Top of RECORD EXCERPTS
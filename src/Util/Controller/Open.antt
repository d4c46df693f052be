-- ===== src/Util/Controller/Open.antt =====
-- What the queue of pkg/util/controller.go promises, and what keeps it open.
use k8s_ext_connector.Prelude.{
  Text, Bool, true, false, Option, none, some, ◌≡◌, ◌≢◌, refl, List, [], ◌∷◌,
}
use k8s_ext_connector.Exec.{Result, ok, err}
use k8s_ext_connector.Util.Controller.{
  Item, key, other, WorkQueue, ReconcilerInterface, after_reconcile, reconcile_key, process_item,
  process_got, process_next, ResourceEvent, object_of, handle_event, handle_events,
}

-- What client-go documents of the queue: `pending` says that a key is queued, or will be after its
-- delay. `Get` takes out the item that it returns and no other, and no call takes out another key.
-- `Add` and `AddRateLimited` make their key pending unless the queue was shut down, which none of
-- these calls does: a `Get` that hands out an item found the queue open and leaves it so. A `Get` that hands
-- out none was told that the queue is shut down, and may have dropped keys that were delayed.
pub record QueueLaws {W : Type 0} (q : WorkQueue W) : Type 0 where
  pub pending : Text → W → Bool
  pub get_keeps :
      (j : Text) (i : Item) (w : W)
      → (q.get w).0 ≡ some i
      → i ≢ key j
      → pending j w ≡ true
      → pending j (q.get w).1 ≡ true
  pub is_shut : W → Bool
  pub add_rate_limited_self :
      (k : Text) (w : W) → is_shut w ≡ false → pending k (q.add_rate_limited k w) ≡ true
  pub add_rate_limited_keeps :
      (j k : Text) (w : W) → pending j w ≡ true → pending j (q.add_rate_limited k w) ≡ true
  pub add_self : (k : Text) (w : W) → is_shut w ≡ false → pending k (q.add k w) ≡ true
  pub add_keeps : (j k : Text) (w : W) → pending j w ≡ true → pending j (q.add k w) ≡ true
  pub forget_keeps :
      (j : Text) (i : Item) (w : W) → pending j w ≡ true → pending j (q.forget i w) ≡ true
  pub done_keeps :
      (j : Text) (i : Item) (w : W) → pending j w ≡ true → pending j (q.done i w) ≡ true
  pub get_open :
      (i : Item) (w : W) → (q.get w).0 ≡ some i → is_shut w ≡ false → is_shut (q.get w).1 ≡ false
  pub add_rate_limited_open :
      (k : Text) (w : W) → is_shut w ≡ false → is_shut (q.add_rate_limited k w) ≡ false
  pub add_open : (k : Text) (w : W) → is_shut w ≡ false → is_shut (q.add k w) ≡ false
  pub forget_open : (i : Item) (w : W) → is_shut w ≡ false → is_shut (q.forget i w) ≡ false
  pub done_open : (i : Item) (w : W) → is_shut w ≡ false → is_shut (q.done i w) ≡ false

module _ {W : Type 0} (q : WorkQueue W) (L : QueueLaws q) (r : ReconcilerInterface W) where
  -- A reconciler takes no key out of the queue.
  abbrev pub KeepsPending : Type 0
  KeepsPending =
      (j namespace name : Text) (w : W)
      → L.pending j w ≡ true
      → L.pending j (r namespace name w).1 ≡ true

  -- A reconciler does not shut the queue down.
  abbrev pub KeepsOpen : Type 0
  KeepsOpen =
      (namespace name : Text) (w : W)
      → L.is_shut w ≡ false
      → L.is_shut (r namespace name w).1 ≡ false

  after_reconcile-open :
      (k : Text) (res : Result (Unit {0}) × W)
      → L.is_shut res.1 ≡ false
      → L.is_shut (after_reconcile q k res).1 ≡ false
  unfolding after_reconcile
  after_reconcile-open k (ok _, w) o = L.forget_open (key k) w o
  after_reconcile-open k (err e, w) o = L.add_rate_limited_open k w o

  reconcile_key-open :
      (k : Text) (parsed : Result (Text × Text)) (w : W)
      → KeepsOpen
      → L.is_shut w ≡ false
      → L.is_shut (reconcile_key q r k parsed w).1 ≡ false
  unfolding reconcile_key
  reconcile_key-open k (err e) w opens o = o
  reconcile_key-open k (ok (namespace, name)) w opens o =
      after_reconcile-open k (r namespace name w) (opens namespace name w o)

  process_item-open :
      (i : Item) (w : W)
      → KeepsOpen
      → L.is_shut w ≡ false
      → L.is_shut (process_item q r i w).1 ≡ false
  unfolding process_item
  process_item-open (key k) w opens o =
      reconcile_key-open k (q.split_meta_namespace_key k) w opens o
  process_item-open other w opens o = L.forget_open other w o

  process_got-open :
      (got : Option Item) (w : W)
      → KeepsOpen
      → ((i : Item) → got ≡ some i → L.is_shut w ≡ false)
      → (process_got q r got w).0 ≡ true
      → L.is_shut (process_got q r got w).1 ≡ false
  unfolding process_got
  process_got-open none w opens o h = cc
  process_got-open (some i) w opens o h =
      L.done_open i (process_item q r i w).1 (process_item-open i w opens (o i refl))

  -- A round that was handed an item leaves the queue open.
  pub process_next-open :
      (w : W)
      → KeepsOpen
      → L.is_shut w ≡ false
      → (process_next q r w).0 ≡ true
      → L.is_shut (process_next q r w).1 ≡ false
  unfolding process_next
  process_next-open w opens o h =
      process_got-open (q.get w).0 (q.get w).1 opens (λ i e. L.get_open i w e o) h

  enqueue-open :
      (w : W) (k : Result Text)
      → L.is_shut w ≡ false
      → L.is_shut (elim k as (λ _. W) [ ok i ↦ q.add i w | err e ↦ w ]) ≡ false
  enqueue-open w (ok i) o = L.add_open i w o
  enqueue-open w (err x) o = o

  pub handle_event-open :
      (event : ResourceEvent) (w : W)
      → L.is_shut w ≡ false
      → L.is_shut (handle_event q event w) ≡ false
  unfolding handle_event
  handle_event-open event w o = enqueue-open w (q.meta_namespace_key (object_of event)) o

  pub handle_events-open :
      (events : List ResourceEvent) (w : W)
      → L.is_shut w ≡ false
      → L.is_shut (handle_events q events w) ≡ false
  unfolding handle_events
  handle_events-open [] w o = o
  handle_events-open (event ∷ events) w o =
      handle_events-open events _ (handle_event-open event w o)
Bottom of RECORD EXCERPTS
PROBLEM DETAILS:
Where a line contains the word "ReconcilerInterface", copy that line from the listing above.

EXERCISE SOLUTION:
  Item, key, other, WorkQueue, ReconcilerInterface, after_reconcile, reconcile_key, process_item,
module _ {W : Type 0} (q : WorkQueue W) (L : QueueLaws q) (r : ReconcilerInterface W) where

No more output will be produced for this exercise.